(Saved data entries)
■ ■ ■ ■ ■
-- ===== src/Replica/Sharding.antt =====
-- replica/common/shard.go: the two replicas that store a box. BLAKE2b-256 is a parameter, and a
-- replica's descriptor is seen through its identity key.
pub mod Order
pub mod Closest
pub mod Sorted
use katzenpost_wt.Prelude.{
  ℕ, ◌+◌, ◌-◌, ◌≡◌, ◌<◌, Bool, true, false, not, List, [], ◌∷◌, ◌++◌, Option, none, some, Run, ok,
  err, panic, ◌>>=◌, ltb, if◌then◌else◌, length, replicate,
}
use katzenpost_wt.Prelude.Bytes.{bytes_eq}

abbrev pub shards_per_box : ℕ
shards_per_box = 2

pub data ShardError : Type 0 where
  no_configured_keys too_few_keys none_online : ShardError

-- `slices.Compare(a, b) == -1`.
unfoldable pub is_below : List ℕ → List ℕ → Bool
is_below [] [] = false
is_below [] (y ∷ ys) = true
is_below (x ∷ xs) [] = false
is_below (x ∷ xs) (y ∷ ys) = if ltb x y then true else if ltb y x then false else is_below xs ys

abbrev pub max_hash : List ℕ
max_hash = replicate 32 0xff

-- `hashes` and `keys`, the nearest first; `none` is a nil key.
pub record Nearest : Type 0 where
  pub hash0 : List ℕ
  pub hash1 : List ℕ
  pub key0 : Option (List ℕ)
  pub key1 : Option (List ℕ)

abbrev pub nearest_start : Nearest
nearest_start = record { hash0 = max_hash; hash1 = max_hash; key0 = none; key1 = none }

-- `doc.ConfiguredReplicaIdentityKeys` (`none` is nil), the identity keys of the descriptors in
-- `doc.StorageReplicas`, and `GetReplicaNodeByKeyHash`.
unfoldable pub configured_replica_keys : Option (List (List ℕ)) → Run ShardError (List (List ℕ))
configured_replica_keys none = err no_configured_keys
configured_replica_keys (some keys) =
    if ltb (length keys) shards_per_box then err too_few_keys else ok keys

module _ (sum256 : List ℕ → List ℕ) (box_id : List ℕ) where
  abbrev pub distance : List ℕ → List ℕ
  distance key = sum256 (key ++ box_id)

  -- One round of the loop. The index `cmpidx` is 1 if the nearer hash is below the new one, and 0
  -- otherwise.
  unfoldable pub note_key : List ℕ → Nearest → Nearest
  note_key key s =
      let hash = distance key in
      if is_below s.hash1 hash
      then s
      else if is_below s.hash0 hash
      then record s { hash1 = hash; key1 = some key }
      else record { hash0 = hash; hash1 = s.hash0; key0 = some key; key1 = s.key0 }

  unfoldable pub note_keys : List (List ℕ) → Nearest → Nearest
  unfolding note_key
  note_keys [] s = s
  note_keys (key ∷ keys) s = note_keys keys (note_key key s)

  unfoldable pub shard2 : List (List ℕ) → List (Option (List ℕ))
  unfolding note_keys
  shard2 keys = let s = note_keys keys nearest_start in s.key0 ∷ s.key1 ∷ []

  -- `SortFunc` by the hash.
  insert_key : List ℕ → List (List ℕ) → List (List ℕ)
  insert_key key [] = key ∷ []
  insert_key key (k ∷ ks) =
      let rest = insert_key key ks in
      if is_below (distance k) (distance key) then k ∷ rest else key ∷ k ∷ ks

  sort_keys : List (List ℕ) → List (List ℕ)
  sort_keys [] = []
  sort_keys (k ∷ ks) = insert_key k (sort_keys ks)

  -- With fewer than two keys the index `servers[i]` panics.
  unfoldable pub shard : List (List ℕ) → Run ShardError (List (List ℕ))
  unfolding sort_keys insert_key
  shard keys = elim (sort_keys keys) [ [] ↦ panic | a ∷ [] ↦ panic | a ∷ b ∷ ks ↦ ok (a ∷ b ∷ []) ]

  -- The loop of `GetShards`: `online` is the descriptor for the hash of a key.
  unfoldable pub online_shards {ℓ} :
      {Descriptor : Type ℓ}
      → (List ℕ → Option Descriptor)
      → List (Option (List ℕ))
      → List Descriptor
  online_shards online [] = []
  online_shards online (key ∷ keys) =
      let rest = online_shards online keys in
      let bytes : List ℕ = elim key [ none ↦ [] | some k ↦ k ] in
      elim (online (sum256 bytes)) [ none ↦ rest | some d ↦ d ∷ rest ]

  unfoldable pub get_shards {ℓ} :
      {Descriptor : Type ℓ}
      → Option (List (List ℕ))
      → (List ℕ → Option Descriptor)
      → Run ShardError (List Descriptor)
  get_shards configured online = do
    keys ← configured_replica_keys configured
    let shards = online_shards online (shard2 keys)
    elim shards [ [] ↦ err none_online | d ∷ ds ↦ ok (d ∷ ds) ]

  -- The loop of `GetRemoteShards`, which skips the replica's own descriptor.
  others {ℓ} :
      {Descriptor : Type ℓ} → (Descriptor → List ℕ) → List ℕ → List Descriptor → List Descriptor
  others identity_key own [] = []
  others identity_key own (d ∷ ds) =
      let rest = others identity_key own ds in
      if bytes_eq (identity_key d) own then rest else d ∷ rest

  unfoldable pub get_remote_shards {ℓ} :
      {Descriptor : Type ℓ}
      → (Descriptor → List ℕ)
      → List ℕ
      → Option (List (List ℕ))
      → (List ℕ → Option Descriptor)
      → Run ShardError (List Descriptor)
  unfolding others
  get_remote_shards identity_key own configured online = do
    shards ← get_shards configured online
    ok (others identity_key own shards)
■ ■ ■ ■ ■
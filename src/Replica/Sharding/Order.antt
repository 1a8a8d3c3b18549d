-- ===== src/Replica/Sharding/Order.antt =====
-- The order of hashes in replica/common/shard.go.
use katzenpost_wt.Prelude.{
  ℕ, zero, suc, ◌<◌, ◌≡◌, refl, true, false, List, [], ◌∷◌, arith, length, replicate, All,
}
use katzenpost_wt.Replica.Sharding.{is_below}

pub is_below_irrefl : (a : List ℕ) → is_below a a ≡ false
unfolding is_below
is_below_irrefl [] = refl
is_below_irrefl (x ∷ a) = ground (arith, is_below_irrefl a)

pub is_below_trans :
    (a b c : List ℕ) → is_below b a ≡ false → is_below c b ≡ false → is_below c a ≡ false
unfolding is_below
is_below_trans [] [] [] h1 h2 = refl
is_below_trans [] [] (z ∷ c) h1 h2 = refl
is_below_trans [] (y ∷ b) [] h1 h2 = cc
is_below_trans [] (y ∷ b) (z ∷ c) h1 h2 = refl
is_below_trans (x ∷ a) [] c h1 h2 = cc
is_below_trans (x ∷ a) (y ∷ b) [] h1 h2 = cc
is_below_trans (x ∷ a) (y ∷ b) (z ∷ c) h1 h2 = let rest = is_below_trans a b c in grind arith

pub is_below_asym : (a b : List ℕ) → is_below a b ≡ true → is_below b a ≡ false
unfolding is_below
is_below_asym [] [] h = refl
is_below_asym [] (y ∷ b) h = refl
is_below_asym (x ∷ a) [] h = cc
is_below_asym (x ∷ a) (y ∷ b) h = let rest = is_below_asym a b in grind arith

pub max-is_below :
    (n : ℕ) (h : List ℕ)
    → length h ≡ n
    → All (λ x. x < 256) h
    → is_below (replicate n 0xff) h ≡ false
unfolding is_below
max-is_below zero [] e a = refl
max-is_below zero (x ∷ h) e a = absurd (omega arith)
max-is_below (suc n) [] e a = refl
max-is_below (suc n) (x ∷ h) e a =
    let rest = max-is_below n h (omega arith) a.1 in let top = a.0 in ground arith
■ ■ ■ ■ ■
▶ [WHAT YOU WILL DO] Please output exactly the lines between the one holding "let rest = insert_key key ks in" and the one holding "let bytes : List" in the records above, inclusive, and nothing more.

▶ [YOUR RESPONSE]
      let rest = insert_key key ks in
      if is_below (distance k) (distance key) then k ∷ rest else key ∷ k ∷ ks

  sort_keys : List (List ℕ) → List (List ℕ)
  sort_keys [] = []
  sort_keys (k ∷ ks) = insert_key k (sort_keys ks)

  -- With fewer than two keys the index `servers[i]` panics.
  unfoldable pub shard : List (List ℕ) → Run ShardError (List (List ℕ))
  unfolding sort_keys insert_key
  shard keys = elim (sort_keys keys) [ [] ↦ panic | a ∷ [] ↦ panic | a ∷ b ∷ ks ↦ ok (a ∷ b ∷ []) ]

  -- The loop of `GetShards`: `online` is the descriptor for the hash of a key.
  unfoldable pub online_shards {ℓ} :
      {Descriptor : Type ℓ}
      → (List ℕ → Option Descriptor)
      → List (Option (List ℕ))
      → List Descriptor
  online_shards online [] = []
  online_shards online (key ∷ keys) =
      let rest = online_shards online keys in
      let bytes : List ℕ = elim key [ none ↦ [] | some k ↦ k ] in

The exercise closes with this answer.